**Exercise objective**
In the data that follows, count each line with the string "IsStorable"; the reply is the number only.

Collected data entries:
---
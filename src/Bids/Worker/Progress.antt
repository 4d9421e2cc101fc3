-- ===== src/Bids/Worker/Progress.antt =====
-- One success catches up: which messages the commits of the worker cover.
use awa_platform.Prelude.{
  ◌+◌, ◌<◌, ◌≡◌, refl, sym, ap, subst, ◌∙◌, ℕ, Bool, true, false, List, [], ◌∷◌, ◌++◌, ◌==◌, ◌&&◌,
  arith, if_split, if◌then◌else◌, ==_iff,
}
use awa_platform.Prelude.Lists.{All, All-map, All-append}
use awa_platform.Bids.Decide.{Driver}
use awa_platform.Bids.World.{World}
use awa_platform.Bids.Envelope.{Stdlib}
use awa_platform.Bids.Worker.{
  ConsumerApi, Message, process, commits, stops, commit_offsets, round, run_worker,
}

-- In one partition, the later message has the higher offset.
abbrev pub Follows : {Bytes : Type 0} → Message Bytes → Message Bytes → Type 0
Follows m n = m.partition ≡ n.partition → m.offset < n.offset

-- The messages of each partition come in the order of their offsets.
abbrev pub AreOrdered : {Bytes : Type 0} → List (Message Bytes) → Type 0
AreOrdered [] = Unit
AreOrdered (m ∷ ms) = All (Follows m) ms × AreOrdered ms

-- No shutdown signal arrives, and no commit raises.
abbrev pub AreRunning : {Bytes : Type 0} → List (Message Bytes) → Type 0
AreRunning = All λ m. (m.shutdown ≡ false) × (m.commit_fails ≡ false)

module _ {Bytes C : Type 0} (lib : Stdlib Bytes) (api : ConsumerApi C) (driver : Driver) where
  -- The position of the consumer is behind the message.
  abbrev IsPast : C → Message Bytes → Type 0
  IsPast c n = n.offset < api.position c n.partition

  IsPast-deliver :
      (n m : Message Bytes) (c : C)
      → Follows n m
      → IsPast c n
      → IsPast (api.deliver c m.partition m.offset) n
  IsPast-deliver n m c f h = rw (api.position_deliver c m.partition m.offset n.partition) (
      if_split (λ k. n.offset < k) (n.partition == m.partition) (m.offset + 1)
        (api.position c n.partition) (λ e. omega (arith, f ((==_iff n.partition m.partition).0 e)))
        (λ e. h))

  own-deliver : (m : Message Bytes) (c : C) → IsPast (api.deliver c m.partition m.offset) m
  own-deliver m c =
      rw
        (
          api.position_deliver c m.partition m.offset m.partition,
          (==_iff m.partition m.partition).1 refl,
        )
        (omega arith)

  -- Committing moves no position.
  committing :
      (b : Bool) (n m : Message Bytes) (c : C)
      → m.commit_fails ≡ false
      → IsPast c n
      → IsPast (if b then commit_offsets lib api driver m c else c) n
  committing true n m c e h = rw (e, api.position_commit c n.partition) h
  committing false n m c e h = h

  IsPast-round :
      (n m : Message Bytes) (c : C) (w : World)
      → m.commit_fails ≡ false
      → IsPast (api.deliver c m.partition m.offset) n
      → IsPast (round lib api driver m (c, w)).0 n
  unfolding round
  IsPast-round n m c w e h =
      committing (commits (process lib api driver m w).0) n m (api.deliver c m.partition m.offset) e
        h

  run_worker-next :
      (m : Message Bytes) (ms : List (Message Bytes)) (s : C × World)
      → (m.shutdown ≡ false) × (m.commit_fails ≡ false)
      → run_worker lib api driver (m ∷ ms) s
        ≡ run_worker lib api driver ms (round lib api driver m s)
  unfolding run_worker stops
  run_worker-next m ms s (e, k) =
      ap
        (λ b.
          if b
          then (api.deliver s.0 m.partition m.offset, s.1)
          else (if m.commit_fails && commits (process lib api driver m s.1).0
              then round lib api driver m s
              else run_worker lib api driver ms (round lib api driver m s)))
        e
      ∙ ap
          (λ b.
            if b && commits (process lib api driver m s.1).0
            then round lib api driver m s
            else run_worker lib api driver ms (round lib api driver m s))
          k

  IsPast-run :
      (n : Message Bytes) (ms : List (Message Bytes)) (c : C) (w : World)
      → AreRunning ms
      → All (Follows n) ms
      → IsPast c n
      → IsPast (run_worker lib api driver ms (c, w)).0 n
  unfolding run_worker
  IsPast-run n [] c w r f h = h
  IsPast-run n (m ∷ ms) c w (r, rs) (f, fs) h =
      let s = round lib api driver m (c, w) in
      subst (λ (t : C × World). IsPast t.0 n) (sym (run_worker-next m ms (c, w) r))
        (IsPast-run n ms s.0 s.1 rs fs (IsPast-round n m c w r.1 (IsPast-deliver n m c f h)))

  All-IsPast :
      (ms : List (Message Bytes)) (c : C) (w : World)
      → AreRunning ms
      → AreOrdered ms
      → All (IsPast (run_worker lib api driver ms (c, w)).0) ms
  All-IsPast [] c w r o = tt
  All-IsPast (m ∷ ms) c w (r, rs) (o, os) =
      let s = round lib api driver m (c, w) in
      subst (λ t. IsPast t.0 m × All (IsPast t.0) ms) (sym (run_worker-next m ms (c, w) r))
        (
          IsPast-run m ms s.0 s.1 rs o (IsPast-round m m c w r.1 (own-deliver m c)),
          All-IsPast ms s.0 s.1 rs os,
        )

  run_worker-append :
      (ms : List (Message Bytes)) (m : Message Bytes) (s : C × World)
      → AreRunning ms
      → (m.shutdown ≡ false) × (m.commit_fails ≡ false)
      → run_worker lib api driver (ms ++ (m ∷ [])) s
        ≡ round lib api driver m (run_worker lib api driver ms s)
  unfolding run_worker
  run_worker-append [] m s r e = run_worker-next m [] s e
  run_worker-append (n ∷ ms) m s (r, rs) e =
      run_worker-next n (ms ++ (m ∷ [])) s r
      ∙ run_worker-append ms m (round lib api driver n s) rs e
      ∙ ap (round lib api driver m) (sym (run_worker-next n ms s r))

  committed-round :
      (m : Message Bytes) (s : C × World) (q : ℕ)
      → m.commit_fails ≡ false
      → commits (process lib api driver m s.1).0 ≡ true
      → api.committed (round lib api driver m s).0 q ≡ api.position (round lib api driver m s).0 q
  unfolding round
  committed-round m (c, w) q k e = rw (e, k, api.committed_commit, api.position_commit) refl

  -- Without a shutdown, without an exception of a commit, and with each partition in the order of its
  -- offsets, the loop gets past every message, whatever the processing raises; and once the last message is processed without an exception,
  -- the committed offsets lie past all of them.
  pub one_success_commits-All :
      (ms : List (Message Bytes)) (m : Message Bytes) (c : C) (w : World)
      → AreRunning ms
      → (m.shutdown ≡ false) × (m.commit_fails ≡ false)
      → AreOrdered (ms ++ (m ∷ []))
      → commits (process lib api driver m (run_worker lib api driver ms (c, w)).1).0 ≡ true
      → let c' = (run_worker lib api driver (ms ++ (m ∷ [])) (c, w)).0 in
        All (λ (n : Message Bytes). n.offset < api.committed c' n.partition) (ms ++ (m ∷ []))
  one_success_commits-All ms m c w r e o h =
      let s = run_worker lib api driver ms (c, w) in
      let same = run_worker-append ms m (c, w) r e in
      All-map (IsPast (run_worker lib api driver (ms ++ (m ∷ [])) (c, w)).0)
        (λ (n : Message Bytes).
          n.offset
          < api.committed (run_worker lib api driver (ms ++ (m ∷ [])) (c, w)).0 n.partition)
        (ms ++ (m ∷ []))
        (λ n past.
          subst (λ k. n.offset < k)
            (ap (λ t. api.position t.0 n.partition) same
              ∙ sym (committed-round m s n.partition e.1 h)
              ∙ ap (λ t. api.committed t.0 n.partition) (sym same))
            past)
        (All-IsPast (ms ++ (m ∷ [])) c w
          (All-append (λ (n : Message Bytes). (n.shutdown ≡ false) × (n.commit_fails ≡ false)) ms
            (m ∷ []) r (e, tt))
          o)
---
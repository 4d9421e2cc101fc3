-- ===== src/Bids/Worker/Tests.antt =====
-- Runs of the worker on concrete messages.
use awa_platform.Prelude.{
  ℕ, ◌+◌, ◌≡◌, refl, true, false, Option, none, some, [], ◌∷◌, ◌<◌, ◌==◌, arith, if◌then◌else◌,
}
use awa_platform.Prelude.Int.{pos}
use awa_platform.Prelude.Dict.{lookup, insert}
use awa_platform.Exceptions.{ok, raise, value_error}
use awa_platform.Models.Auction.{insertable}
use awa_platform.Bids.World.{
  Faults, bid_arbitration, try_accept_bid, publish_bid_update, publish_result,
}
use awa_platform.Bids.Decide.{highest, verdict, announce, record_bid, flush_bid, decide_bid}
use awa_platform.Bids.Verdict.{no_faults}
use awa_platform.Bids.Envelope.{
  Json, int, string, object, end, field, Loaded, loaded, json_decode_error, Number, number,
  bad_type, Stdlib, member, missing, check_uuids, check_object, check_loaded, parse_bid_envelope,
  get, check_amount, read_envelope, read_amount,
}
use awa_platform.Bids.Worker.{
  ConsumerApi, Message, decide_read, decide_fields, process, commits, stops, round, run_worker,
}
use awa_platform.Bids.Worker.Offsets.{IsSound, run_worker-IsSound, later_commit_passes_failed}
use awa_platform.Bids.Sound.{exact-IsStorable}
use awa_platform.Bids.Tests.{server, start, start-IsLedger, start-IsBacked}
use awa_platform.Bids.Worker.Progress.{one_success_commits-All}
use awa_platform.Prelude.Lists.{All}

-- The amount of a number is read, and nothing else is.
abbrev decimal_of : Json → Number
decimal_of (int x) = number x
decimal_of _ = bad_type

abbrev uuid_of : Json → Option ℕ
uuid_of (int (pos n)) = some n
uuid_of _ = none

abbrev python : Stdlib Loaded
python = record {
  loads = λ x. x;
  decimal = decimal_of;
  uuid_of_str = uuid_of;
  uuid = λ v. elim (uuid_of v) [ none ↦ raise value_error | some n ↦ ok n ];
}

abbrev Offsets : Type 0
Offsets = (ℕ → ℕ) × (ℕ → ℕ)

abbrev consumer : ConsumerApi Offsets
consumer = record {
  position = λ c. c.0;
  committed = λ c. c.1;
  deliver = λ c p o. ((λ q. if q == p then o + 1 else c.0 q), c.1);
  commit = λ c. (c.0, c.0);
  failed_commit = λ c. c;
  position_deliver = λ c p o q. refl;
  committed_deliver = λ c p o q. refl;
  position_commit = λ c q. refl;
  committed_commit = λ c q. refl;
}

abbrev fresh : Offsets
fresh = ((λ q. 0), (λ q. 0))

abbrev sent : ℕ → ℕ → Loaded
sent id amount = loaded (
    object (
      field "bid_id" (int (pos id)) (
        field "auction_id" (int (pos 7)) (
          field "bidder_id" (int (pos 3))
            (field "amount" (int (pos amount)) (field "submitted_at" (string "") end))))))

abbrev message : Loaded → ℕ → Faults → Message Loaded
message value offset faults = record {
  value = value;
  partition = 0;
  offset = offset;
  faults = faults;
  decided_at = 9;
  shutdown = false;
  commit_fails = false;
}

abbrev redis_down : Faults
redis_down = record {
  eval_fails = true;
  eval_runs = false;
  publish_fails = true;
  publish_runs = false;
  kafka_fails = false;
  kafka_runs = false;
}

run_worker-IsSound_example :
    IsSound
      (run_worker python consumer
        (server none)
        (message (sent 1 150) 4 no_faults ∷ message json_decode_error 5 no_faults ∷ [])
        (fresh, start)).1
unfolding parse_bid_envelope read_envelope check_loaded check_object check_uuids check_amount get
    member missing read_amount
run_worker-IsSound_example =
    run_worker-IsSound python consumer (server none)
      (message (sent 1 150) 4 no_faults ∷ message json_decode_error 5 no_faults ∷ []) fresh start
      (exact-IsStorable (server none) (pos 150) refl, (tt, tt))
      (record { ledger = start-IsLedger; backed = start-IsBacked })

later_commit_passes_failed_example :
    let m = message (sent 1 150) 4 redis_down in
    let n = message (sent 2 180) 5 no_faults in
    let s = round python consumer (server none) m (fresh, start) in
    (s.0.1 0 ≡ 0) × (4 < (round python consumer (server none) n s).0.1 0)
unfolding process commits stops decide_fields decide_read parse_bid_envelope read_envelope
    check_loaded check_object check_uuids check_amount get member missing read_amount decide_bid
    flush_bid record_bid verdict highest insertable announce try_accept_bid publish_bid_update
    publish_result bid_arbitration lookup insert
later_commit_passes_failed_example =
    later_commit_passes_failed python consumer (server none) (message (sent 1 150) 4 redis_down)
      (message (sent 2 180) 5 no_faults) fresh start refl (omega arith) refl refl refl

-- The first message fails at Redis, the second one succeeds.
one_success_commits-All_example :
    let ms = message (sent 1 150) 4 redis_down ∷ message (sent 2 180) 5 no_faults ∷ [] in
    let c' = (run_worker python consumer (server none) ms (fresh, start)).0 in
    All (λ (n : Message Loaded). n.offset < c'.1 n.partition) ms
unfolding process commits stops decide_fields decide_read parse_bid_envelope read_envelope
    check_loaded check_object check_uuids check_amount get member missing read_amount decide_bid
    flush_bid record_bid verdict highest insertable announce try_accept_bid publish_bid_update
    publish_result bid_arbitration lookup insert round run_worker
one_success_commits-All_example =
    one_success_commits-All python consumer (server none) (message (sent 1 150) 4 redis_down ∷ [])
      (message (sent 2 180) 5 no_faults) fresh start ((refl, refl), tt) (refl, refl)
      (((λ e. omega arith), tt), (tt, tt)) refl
---
**Task answer**
2